## WHAT YOU HAVE TO DO
From the entries below, copy each line in which the word "unfolding" occurs.

## EXTRACTED ENTRIES
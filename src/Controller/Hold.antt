-- ===== src/Controller/Hold.antt =====
-- One pass of loop() as the chain of its blocks, and the blocks that leave the hold time alone.
use rfid_access.Base.{Option, ℕ, ◌≡◌, Bool, List, arith, refl, ◌∙◌}
use rfid_access.Controller.{
  Controller, AppEvent, Step, take, finish, finish_from, pass, post, Readings, exit_poll,
  schedule_poll, relay_poll, contact_poll, result_poll, tick, take_from, step,
}

pub tick_polls :
    (c : Controller) (now : ℕ) (r : Readings)
    → tick c now r
      ≡ result_poll
          (contact_poll
            (relay_poll (schedule_poll (exit_poll c now r.exit_pressed) now r.window_active) now)
            now
            r.contact_open)
          now
unfolding tick
tick_polls c now r = refl

-- What the blocks of loop() leave alone.
pub exit_poll_frame :
    (c : Controller) (now : ℕ) (b : Bool)
    → ((exit_poll c now b).relay_hold_ms ≡ c.relay_hold_ms)
      × ((exit_poll c now b).relay ≡ c.relay)
      × ((exit_poll c now b).sched_active ≡ c.sched_active)
unfolding exit_poll
exit_poll_frame c now b = ground arith

schedule_poll_frame :
    (c : Controller) (now : ℕ) (b : Bool) → (schedule_poll c now b).relay_hold_ms ≡ c.relay_hold_ms
unfolding schedule_poll
schedule_poll_frame c now b = ground arith

relay_poll_frame : (c : Controller) (now : ℕ) → (relay_poll c now).relay_hold_ms ≡ c.relay_hold_ms
unfolding relay_poll
relay_poll_frame c now = ground arith

pub contact_poll_frame :
    (c : Controller) (now : ℕ) (b : Bool)
    → ((contact_poll c now b).relay_hold_ms ≡ c.relay_hold_ms)
      × ((contact_poll c now b).relay ≡ c.relay)
      × ((contact_poll c now b).sched_active ≡ c.sched_active)
unfolding contact_poll
contact_poll_frame c now b = ground arith

pub result_poll_frame :
    (c : Controller) (now : ℕ)
    → ((result_poll c now).relay_hold_ms ≡ c.relay_hold_ms)
      × ((result_poll c now).relay ≡ c.relay)
      × ((result_poll c now).sched_active ≡ c.sched_active)
unfolding result_poll
result_poll_frame c now = ground arith

tick-relay_hold_ms :
    (c : Controller) (now : ℕ) (r : Readings) → (tick c now r).relay_hold_ms ≡ c.relay_hold_ms
tick-relay_hold_ms c now r =
    let c1 = exit_poll c now r.exit_pressed in
    let c2 = schedule_poll c1 now r.window_active in
    let c3 = relay_poll c2 now in
    let c4 = contact_poll c3 now r.contact_open in
    rw (tick_polls c now r) (
      (result_poll_frame c4 now).0
      ∙ (contact_poll_frame c3 now r.contact_open).0
      ∙ relay_poll_frame c2 now
      ∙ schedule_poll_frame c1 now r.window_active
      ∙ (exit_poll_frame c now r.exit_pressed).0)

take_from-relay_hold_ms :
    (h : Option (AppEvent × Bool)) (q : List AppEvent) (c : Controller) (granted : Bool)
    → (take_from h q c granted).relay_hold_ms ≡ c.relay_hold_ms
unfolding take_from
take_from-relay_hold_ms h q c granted = ground arith

finish_from-relay_hold_ms :
    (h : Option (AppEvent × Bool)) (c : Controller) (now : ℕ)
    → (finish_from h c now).relay_hold_ms ≡ c.relay_hold_ms
unfolding finish_from
finish_from-relay_hold_ms h c now = ground arith

pub step-relay_hold_ms : (c : Controller) (s : Step) → (step c s).relay_hold_ms ≡ c.relay_hold_ms
unfolding step
step-relay_hold_ms c (take granted) = take_from-relay_hold_ms c.in_hand c.queue c granted
step-relay_hold_ms c (finish now) = finish_from-relay_hold_ms c.in_hand c now
step-relay_hold_ms c (pass now r) = tick-relay_hold_ms c now r
step-relay_hold_ms c (post e) = refl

## RESULT BELOW
unfolding tick
unfolding exit_poll
unfolding schedule_poll
unfolding relay_poll
unfolding contact_poll
unfolding result_poll
unfolding take_from
unfolding finish_from
unfolding step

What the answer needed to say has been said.